# concerned mommy



## Luluu (Apr 27, 2012)

Hi everyone! I'm so glad I found this site as I am such a chihuahua lover. Both my dogs are of chihuahua breed and I couldn't imagine my life without them. 

I recently had brought a new puppy home, she is a long hair chi and she's absolutely adorable. She is about 10 weeks now. She only weighs 1lb. I had taken her to the vet for her first set of shots and de-worming. My concern is that its now day 4 and she's not acting like herself at all! I had called the vet and told them what the case was but the Dr. just said it could be a side effect and she should get better soon. 

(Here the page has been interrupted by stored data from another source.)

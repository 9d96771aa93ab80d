-- ===== src/Provisioner/Dump/Accepted.antt =====
-- provisioner/sync.go: which dumped applications config.go accepts, when the versions of the service
-- are what api/oas_validators_gen.go lets the client read.
use apprun_dedicated_provisi.Base.{
  ℤ, true, false, none, some, List, [], ◌∷◌, map, ◌≡◌, ◌≢◌, ◌⊎◌, ◌↔◌, refl, arith, All, All-iff,
  string_eq,
}
use apprun_dedicated_provisi.Config.{ApplicationConfig}
use apprun_dedicated_provisi.Config.Validate.{validate_application, is_nil}
use apprun_dedicated_provisi.Config.Validate.Laws.{
  HasVersion, validate_application_sound, validate_application_complete,
}
use apprun_dedicated_provisi.Api.{
  Opt, opt_get, ExposedPort, ReadEnvironmentVariable, ReadApplicationDetail,
  ReadApplicationVersionDetail,
}
use apprun_dedicated_provisi.Api.Validate.{Checks}
use apprun_dedicated_provisi.Api.Validate.Responses.{
  read_application_fields, read_version_fields, validate_read_application, validate_read_version,
}
use apprun_dedicated_provisi.Api.Validate.Laws.{
  AreChecks, fields-nil_iff, between-nil_iff, string_errors-nil_iff,
}
use apprun_dedicated_provisi.Provisioner.Dump.{dump_port, dump_env, dump_spec}

-- What a version has that the service need not set and validateApplication asks for.
pub record IsComplete (v : ReadApplicationVersionDetail) : Type 0 where
  pub image : v.image ≢ ""
  pub ports : v.exposed_ports ≢ []
  pub scales :
      ((v.scaling_mode ≡ "manual") × (v.fixed_scale.set ≡ true))
      ⊎ ((v.scaling_mode ≡ "cpu") × (v.min_scale.set ≡ true) × (v.max_scale.set ≡ true))
  pub no_secret : All (λ e. e.secret ≡ false) v.env

dump_env_iff : (e : ReadEnvironmentVariable) → HasVersion (dump_env e) ↔ (e.secret ≡ false)
unfolding dump_env
dump_env_iff e = ground arith

is_set : (o : Opt ℤ) → (is_nil (opt_get o) ≡ false) ↔ (o.set ≡ true)
is_set o = ground arith

no_ports : (ps : List ExposedPort) → ps ≢ [] → map dump_port ps ≢ []
no_ports [] h k = h refl
no_ports (p ∷ ps) h k = cc

some_ports : (ps : List ExposedPort) → map dump_port ps ≢ [] → ps ≢ []
some_ports [] h k = h refl
some_ports (p ∷ ps) h k = cc

module _ (checks : Checks) (laws : AreChecks checks) (d : ReadApplicationDetail)
    (v : ReadApplicationVersionDetail) where
  abbrev pub dumped : ApplicationConfig
  dumped = record { name = d.name; spec = dump_spec v }

  dumped-IsComplete : validate_application dumped ≡ none → IsComplete v
  unfolding dump_spec
  dumped-IsComplete accepted =
      let valid = validate_application_sound dumped accepted in
      record {
        image = valid.image_given;
        ports = some_ports v.exposed_ports valid.ports_given;
        scales =
            ground
              (arith, valid.scaling, is_set v.fixed_scale, is_set v.min_scale, is_set v.max_scale);
        no_secret =
            (All-iff HasVersion (λ e. e.secret ≡ false) dump_env v.env dump_env_iff).0
              valid.secrets_versioned;
      }

  name_given : validate_read_application checks d ≡ [] → d.name ≢ ""
  unfolding validate_read_application
  name_given read empty =
      let (ok, end) = (fields-nil_iff (read_application_fields checks d)).0 read in
      ground (
        arith,
        empty,
        laws.not_empty 0 (some 20) (some "^[a-zA-Z0-9_-]+$"),
        (string_errors-nil_iff checks (some 1) (some 20) (some "^[a-zA-Z0-9_-]+$") d.name).0 ok,
      )

  accepted_of_complete :
      validate_read_application checks d ≡ []
      → validate_read_version checks v ≡ []
      → IsComplete v
      → validate_application dumped ≡ none
  unfolding dump_spec validate_read_version
  accepted_of_complete read_app read c =
      let (number, (cpu, (memory, rest))) =
        (fields-nil_iff (read_version_fields checks v)).0 read in
      validate_application_complete dumped (record {
        named = name_given read_app;
        cpu_range = (between-nil_iff checks laws 100 64000 v.cpu).0 cpu;
        memory_range = (between-nil_iff checks laws 128 131072 v.memory).0 memory;
        scaling =
            ground (arith, c.scales, is_set v.fixed_scale, is_set v.min_scale, is_set v.max_scale);
        image_given = c.image;
        ports_given = no_ports v.exposed_ports c.ports;
        password_versioned = ground arith;
        secrets_versioned =
            (All-iff HasVersion (λ e. e.secret ≡ false) dump_env v.env dump_env_iff).1 c.no_secret;
      })

  -- Let the single checks of ogen do what their documentation says, and let the client have read an
  -- application and its latest version. Then validateApplication accepts the application's dump exactly
  -- when the version has an image, a port, the scales of its scaling mode, and no secret variable: a
  -- dump knows no secretVersion.
  pub dump_spec-accepted_iff :
      validate_read_application checks d ≡ []
      → validate_read_version checks v ≡ []
      → (validate_application (record { name = d.name; spec = dump_spec v }) ≡ none) ↔ IsComplete v
  dump_spec-accepted_iff read_app read = (dumped-IsComplete, accepted_of_complete read_app read)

She seems to back her behind back alot and then just lay down and scratch her needle area. She whines and whimpers, I could tell she is not comfortable at all and is miserable. Should I do anything else at this point? has anyone's Chi done this? Thanks Guys! hoping to learn lots on here.


----------



## michele (Jan 12, 2009)

Hello and welcome from uk,my vet swears by mild warm salt water just a few dabs on the effective area,maybe he used a needle that was too big for a tiny chi ?


----------



## susan davis (Mar 25, 2011)

Maybe some baby benedryl would help. Make sure you get the infant formula, and give according to weight. I think she would only get a very little bit---people here on the board have the right amount. I would check with the vet?? Sue


----------



## LBChi (Mar 12, 2012)

Brodysmom posted about benadryl here
http://www.chihuahua-people.com/chihuahua-questions/41463-benadryl-reactions-allergies-dosage.html
Very helpful information. 

Welcome to cp its really fun here.


----------



## theshanman97 (Feb 19, 2012)

welcome! good luck! , by the looks of it everyone has given good advise! hope everything goes well  x


----------



## Chi Nation (Mar 7, 2012)

He may have gotten the needle in her muscle and its just a little sore. The benadryl is a good idea to help with any allergic reactions she may be experiencing. Alsi the warm salt water to keep the area lean of infection.


----------



## EmberLuvu (Oct 24, 2011)

Yes, the baby benadryl may help. And like michele said some salt water on the needle area may help as well.


----------



## susan davis (Mar 25, 2011)

How is your puppy today? We'd all love hearing that she is all better. For the next 'shots' maybe you can give her a dose of benedryl about 30 minutes before the shot? Just as a precaution. Won't hurt, might help. Good luck with her. Sue


----------



## Luluu (Apr 27, 2012)

susan davis said:


> How is your puppy today? We'd all love hearing that she is all better. For the next 'shots' maybe you can give her a dose of benedryl about 30 minutes before the shot? Just as a precaution. Won't hurt, might help. Good luck with her. Sue


Hi Susan, Thanks for asking. We think she's a bit better but still jerking every now and then. I am really concerned the Vet struck a muscle nerve or something  but she's stop crying and whimpering.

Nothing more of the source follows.